BEGIN Data provided

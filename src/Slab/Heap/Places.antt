-- ===== src/Slab/Heap/Places.antt =====
-- Where the items of a heap of slab.c are: no two at one address, and all in the memory of the page
-- allocator.
use os_course_term.Common.{
  ℕ, ◌+◌, ◌≤◌, ◌<◌, ◌≡◌, sym, ap, ◌∙◌, arith, true, Outcome, ok, died, fault, blocked,
}
use os_course_term.Buddy.{max_page_size}
use os_course_term.Buddy.Taken.{block_inside}
use os_course_term.Memory.{va, pa, high_base, get_big_phys_aligned_block_start}
use os_course_term.Slab.{item_of}
use os_course_term.Slab.Free.{item_at, item_at_lem, item_of-item_at}
use os_course_term.Slab.Allocator.{SlabHeap, on_phys}
use os_course_term.Slab.Heap.Invariant.{HeapView, is_slab, is_used, IsStore}
use os_course_term.Slab.Heap.Return.{place, slab-Fits, start_lem}

-- `t` is the address of an item that is handed out.
pub record IsItem (h : SlabHeap) (v : HeapView) (t : ℕ) : Type 0 where
  pub slab : ℕ
  pub item : ℕ
  pub used : is_used h.layout.slab_nodes v slab item ≡ true
  pub at : t ≡ item_at h.layout slab item

abbrev value_of : Outcome SlabHeap ℕ → ℕ
value_of (ok n h) = n
value_of died = 0
value_of fault = 0
value_of blocked = 0

module _ (h : SlabHeap) (v : HeapView) (w : IsStore h v) where
  -- The slab and the index follow from the address.
  pub item_at_unique :
      (p i q j : ℕ)
      → is_used h.layout.slab_nodes v p i ≡ true
      → is_used h.layout.slab_nodes v q j ≡ true
      → item_at h.layout p i ≡ item_at h.layout q j
      → (p ≡ q) × (i ≡ j)
  item_at_unique p i q j up uq e =
      let thep : is_slab v p ≡ true = ground (arith, up) in
      let theq : is_slab v q ≡ true = ground (arith, uq) in
      let ltp : i < h.layout.slab_nodes = ground (arith, up) in
      let ltq : j < h.layout.slab_nodes = ground (arith, uq) in
      let start : pa p ≡ pa q = ap value_of (
        sym (start_lem h v w p thep i ltp)
        ∙ ap (λ (x : ℕ). on_phys (get_big_phys_aligned_block_start (pa x)) h) e
        ∙ start_lem h v w q theq j ltq) in
      let same : p ≡ q = (place h v w p thep).0 ∙ ap va start ∙ sym (place h v w q theq).0 in
      (
        same,
        sym (item_of-item_at h.layout p (slab-Fits h v w p thep) i ltp)
            ∙ ap (λ (x : ℕ). item_of h.layout p x) e
            ∙ rw same (item_of-item_at h.layout q (slab-Fits h v w q theq) j ltq),
      )

  -- All bytes of an item are in the memory.
  pub item_inside :
      (t : ℕ)
      → IsItem h v t
      → (high_base + h.phys.first_buddy.start ≤ t)
        × (t + h.layout.item_size ≤ high_base + h.phys.first_buddy.start + max_page_size)
  item_inside t r =
      let there : is_slab v r.slab ≡ true = ground (arith, r.used) in
      let lt : r.item < h.layout.slab_nodes = ground (arith, r.used) in
      let (at, low) = place h v w r.slab there in
      let (item, below, split) =
        item_at_lem h.layout r.slab (slab-Fits h v w r.slab there) r.item lt in
      let (from, to) =
        block_inside h.phys.first_buddy w.ready.pool h.layout.slab_alloc_mem (pa r.slab)
          w.ready.valid (w.block r.slab there).0 in
      let where_slab : r.slab ≡ high_base + pa r.slab = at ∙ omega (arith, low, w.sound.block) in
      (
        omega (arith, r.at, item, where_slab, from),
        omega (arith, r.at, item, below, split, where_slab, to, w.sound.room),
      )
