-- ===== src/Slab/Heap/Setup.antt =====
-- `slab_allocator_init` and `slab_allocator_deinit` of slab.c.
use os_course_term.Common.{
  ℕ, zero, suc, ◌+◌, ◌-◌, ◌*◌, ◌/◌, ◌%◌, ◌^◌, ◌≤◌, ◌<◌, ◌≡◌, ◌⊎◌, refl, sym, ap, subst, ==_refl,
  ◌∙◌, arith, true, false, ◌==◌, List, [], ◌∷◌, length, has, remove, has-remove_ne, length-remove,
  pos, eq_ℤ, land64, add64, sub64, Bool-cases, inl, inr, ok, died, Returns, returns, Returns-bind,
  Returns-within,
}
use os_course_term.Buddy.{max_page_size}
use os_course_term.Memory.Calls.{IsReady}
use os_course_term.Slab.{align_by}
use os_course_term.Slab.Layout.{IsLayout, calculate_slab-IsLayout, round_up, le-round_up}
use os_course_term.Slab.Allocator.{SlabHeap, slab_allocator_init, slab_allocator_deinit}
use os_course_term.Slab.Heap.Links.{Linked}
use os_course_term.Slab.Heap.Invariant.{HeapView, is_slab, is_used, IsHeap, IsLayout-IsSound}

-- A heap without slabs.
abbrev pub empty_view : HeapView
empty_view = record { partial = []; full = []; free = λ p. [] }

-- The smallest multiple of `align` that is not below `x`, on sizes for which nothing wraps around.
align_by_lem :
    (x align : ℕ)
    → 1 ≤ x
    → x ≤ 2 ^ 25
    → 1 ≤ align
    → align ≤ 2 ^ 25
    → (align_by x align ≡ round_up x align)
      × (x ≤ round_up x align)
      × (round_up x align ≤ 2 ^ 26)
      × (round_up x align % align ≡ 0)
align_by_lem x align one small some small' =
    let top : (x + align - 1) / align * align ≤ x + align - 1 = div_le (x + align - 1) align in
    let inner : sub64 (add64 x align) 1 ≡ x + align - 1 = omega arith in
    (
      rw inner (omega (arith, top)),
      le-round_up x align some,
      omega (arith, top),
      mod_exact ((x + align - 1) / align) align some,
    )
  where
    div_le : (n m : ℕ) → n / m * m ≤ n
    div_le n m = grind arith

    mod_exact : (q m : ℕ) → 1 ≤ m → q * m % m ≡ 0
    mod_exact q m h = grind arith

-- For an item and an alignment of 1 to 32 MiB, the alignment a power of two, and a ready page
-- allocator below 2^47, `slab_allocator_init` makes a heap without slabs that satisfies the invariant,
-- with a layout for items that are large enough and aligned.
pub slab_allocator_init-IsHeap :
    (h : SlabHeap) (item_size align : ℕ)
    → 1 ≤ item_size
    → item_size ≤ 2 ^ 25
    → 1 ≤ align
    → align ≤ 2 ^ 25
    → land64 align (align - 1) ≡ 0
    → IsReady h.phys
    → h.phys.first_buddy.start + max_page_size ≤ 2 ^ 47
    → Returns
        (λ _ h'.
          IsHeap h' empty_view
          × IsLayout (align_by item_size align) align h'.layout
          × (item_size ≤ h'.layout.item_size))
        (slab_allocator_init item_size align h)
unfolding slab_allocator_init
slab_allocator_init-IsHeap h item_size align one small some small' power ready low =
    let (e, larger, top, multiple) = align_by_lem item_size align one small some small' in
    let test : (align == 0) ≡ false = ground arith in
    rw test (
      Returns-bind {P = λ a h'. IsLayout (align_by item_size align) align a × (h' ≡ h)}
        (Returns-within (λ _. h)
          (calculate_slab-IsLayout (align_by item_size align) align (omega (arith, e, larger))
            (omega (arith, e, top)) some (omega arith) power (rw e multiple))
          λ a _ v. (v, refl))
        λ a h' (v, same). rw same (
          returns (
            record {
              store = record {
                linked = refl;
                distinct = (refl, tt);
                fulls = tt;
                apart = λ p g. refl;
                slab = λ p g. absurd (cc);
                block = λ p g. absurd (cc);
                counted = refl;
                sound = IsLayout-IsSound a (omega (arith, e, larger)) v;
                ready = ready;
                low = low;
              };
              tidy = record { partial = λ p g. absurd (cc); full = λ p g. absurd (cc) };
              mine = refl;
            },
            v,
            omega (arith, v.item, e, larger),
          )))

-- A list of fewer than `n` different numbers misses one below `n`.
missing : (n : ℕ) (xs : List ℕ) → length xs < n → (id : ℕ) × (id < n) × (has id xs ≡ false)
missing zero xs h = absurd (omega arith)
missing (suc n) xs h = elim (Bool-cases (has n xs)) [
  | inr out ↦ (n, omega arith, out)
  | inl some ↦
      let (id, lt, out) = missing n (remove n xs) (omega (arith, length-remove n xs some)) in
      (id, omega arith, sym (has-remove_ne id n xs (λ e. absurd (omega (arith, lt)))) ∙ out)
]

-- Whether an item is handed out.
abbrev pub SomeUsed : SlabHeap → HeapView → Type 0
SomeUsed h v = (p : ℕ) × (id : ℕ) × (is_used h.layout.slab_nodes v p id ≡ true)

-- A slab of a heap has an item that is handed out.
slab-SomeUsed :
    (h : SlabHeap) (v : HeapView) (p : ℕ) → IsHeap h v → is_slab v p ≡ true → SomeUsed h v
slab-SomeUsed h v p w there =
    let few : length (v.free p) < h.layout.slab_nodes = elim (Bool-cases (has p v.partial)) [
      | inl partial ↦ (w.tidy.partial p partial).1
      | inr other ↦
          let none : length (v.free p) ≡ 0 = ap length (w.tidy.full p (ground (arith, there))) in
          omega (arith, none, w.store.sound.some)
    ] in
    let (id, lt, out) = missing h.layout.slab_nodes (v.free p) few in
    (p, id, ground (arith, there, lt, out))

deinit_cases :
    (h : SlabHeap) (v : HeapView) (partial full : List ℕ)
    → IsHeap h v
    → v.partial ≡ partial
    → v.full ≡ full
    → ((slab_allocator_deinit h ≡ ok tt h)
        × ((p id : ℕ) → is_used h.layout.slab_nodes v p id ≡ false))
      ⊎ ((slab_allocator_deinit h ≡ died) × SomeUsed h v)
unfolding slab_allocator_deinit
deinit_cases h v [] [] w ep ef =
    let first : h.partials ≡ 0 =
      subst (λ (xs : List ℕ). Linked h.slabs 0 h.partials xs) ep w.store.linked in
    let cnt : h.fulls_cnt ≡ pos 0 = rw ef at w.store.counted in
    inl (simp (cnt, first) refl, λ p id. rw (ep, ef) refl)
deinit_cases h v (s ∷ rest) [] w ep ef =
    let l = subst (λ (xs : List ℕ). Linked h.slabs 0 h.partials xs) ep w.store.linked in
    let cnt : h.fulls_cnt ≡ pos 0 = rw ef at w.store.counted in
    let there : is_slab v s ≡ true = rw (ep, ==_refl s) refl in
    let some : (h.partials == 0) ≡ false =
      ground (arith, l.0, w.store.distinct, rw ep at w.store.distinct) in
    inr (simp (cnt, some) refl, slab-SomeUsed h v s w there)
deinit_cases h v partial (s ∷ full) w ep ef =
    let cnt : h.fulls_cnt ≡ pos (suc (length full)) = rw ef at w.store.counted in
    let there : is_slab v s ≡ true = rw ef (ground arith) in
    let some : eq_ℤ h.fulls_cnt (pos 0) ≡ false = rw cnt (ground arith) in
    inr (rw some refl, slab-SomeUsed h v s w there)

-- On a heap that satisfies the invariant, either `slab_allocator_deinit` returns and no item is handed
-- out, or it halts the machine and there is one.
pub slab_allocator_deinit-used :
    (h : SlabHeap) (v : HeapView)
    → IsHeap h v
    → ((slab_allocator_deinit h ≡ ok tt h)
        × ((p id : ℕ) → is_used h.layout.slab_nodes v p id ≡ false))
      ⊎ ((slab_allocator_deinit h ≡ died) × SomeUsed h v)
slab_allocator_deinit-used h v w = deinit_cases h v v.partial v.full w refl refl
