-- ===== src/Slab/Tests.antt =====
-- A layout and a slab, runs of slab.c on them, and the theorems at them.
use os_course_term.Common.{
  ◌-◌, ◌≡◌, refl, true, [], ◌∷◌, arith, ok, Returns, pos, minus_one, ◌==◌, if◌then◌else◌, land64,
  land,
}
use os_course_term.Buddy.{BuddyAllocator}
use os_course_term.Memory.{PhysState}
use os_course_term.Threading.{spin_lock, spin_unlock}
use os_course_term.Slab.Allocator.{SlabHeap, some_partial, move_to_fulls, slab_allocator_alloc}
use os_course_term.Slab.{
  take_node, node, set_node, Slab, SlabLayout, grow, lay_out, calculate_slab, slab_alloc,
}
use os_course_term.Slab.Layout.{IsLayout, calculate_slab-IsLayout}
use os_course_term.Slab.Nodes.{IsSlab}
use os_course_term.Slab.Free.{Fits}

-- Threads are allocated from slabs of items of 48 bytes.
layout_48 :
    calculate_slab 48 1 tt
    ≡ ok
        (record { item_size = 48; slab_nodes_start = 336; slab_alloc_mem = 4096; slab_nodes = 78 })
        tt
unfolding calculate_slab grow lay_out land
layout_48 = refl

-- Two items of 8 bytes, the second of which is free.
abbrev pub two : SlabLayout
two = record { item_size = 8; slab_nodes_start = 32; slab_alloc_mem = 4096; slab_nodes = 2 }

abbrev pub half_free : Slab
half_free = record {
  prev_slab = 0;
  next_slab = 0;
  first_free = pos 1;
  allocated = 1;
  nodes = λ i. if i == 0 then pos 0 else minus_one;
}

abbrev all_taken : Slab
all_taken = record {
  prev_slab = 0;
  next_slab = 0;
  first_free = minus_one;
  allocated = 2;
  nodes = pos;
}

pub half_free-IsSlab : IsSlab two half_free (1 ∷ [])
half_free-IsSlab = record {
  chain = (refl, refl);
  distinct = (refl, tt);
  inside = λ i h. ground arith;
  taken = λ i h out. ground arith;
  counted = refl;
}

two-Fits : Fits two 8192
two-Fits = record { sized = omega arith; few = omega arith; ends = omega arith }

disjoint : land64 1024 (1024 - 1) ≡ 0
unfolding land
disjoint = refl

calculate_slab-IsLayout_example :
    Returns (λ a _. IsLayout 1024 1024 a) (calculate_slab 1024 1024 tt)
calculate_slab-IsLayout_example =
    calculate_slab-IsLayout 1024 1024 (omega arith) (omega arith) (omega arith) (omega arith)
      disjoint refl

-- The page allocator, while thread 2000 runs.
abbrev pub memory_of : BuddyAllocator → PhysState
memory_of a = record {
  first_buddy = a;
  phys_alloc_lock = record { locked = 0; owner = 0 };
  valloc_lock = record { locked = 0; owner = 0 };
  current_thread = 2000;
  interrupts = true;
}

-- A slab of items of 40 bytes at 4096, of which the first is allocated.
abbrev pub thread_slabs : BuddyAllocator → SlabHeap
thread_slabs a = record {
  slabs = λ p. record {
    prev_slab = 0;
    next_slab = 0;
    first_free = pos 1;
    allocated = 1;
    nodes = λ i. if i == 0 then pos 0 else if i == 1 then pos 2 else minus_one;
  };
  layout = record { item_size = 40; slab_nodes_start = 64; slab_alloc_mem = 4096; slab_nodes = 3 };
  partials = 4096;
  fulls_cnt = pos 0;
  lock = record { locked = 0; owner = 0 };
  phys = memory_of a;
}

pub second_thread :
    (a : BuddyAllocator)
    → (h : SlabHeap) × (slab_allocator_alloc (thread_slabs a) ≡ ok 4200 h) × (h.phys ≡ memory_of a)
unfolding slab_allocator_alloc some_partial slab_alloc take_node node set_node move_to_fulls
    spin_lock spin_unlock
second_thread a = (_, refl, refl)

END Data provided

Task instructions: Everything starting at the line containing "h.phys.first_buddy.start + max_page_size)" and ending at the line containing "let (item, below, split)" in the records above should be repeated exactly, and only that.

Output below:
        × (t + h.layout.item_size ≤ high_base + h.phys.first_buddy.start + max_page_size)
  item_inside t r =
      let there : is_slab v r.slab ≡ true = ground (arith, r.used) in
      let lt : r.item < h.layout.slab_nodes = ground (arith, r.used) in
      let (at, low) = place h v w r.slab there in
      let (item, below, split) =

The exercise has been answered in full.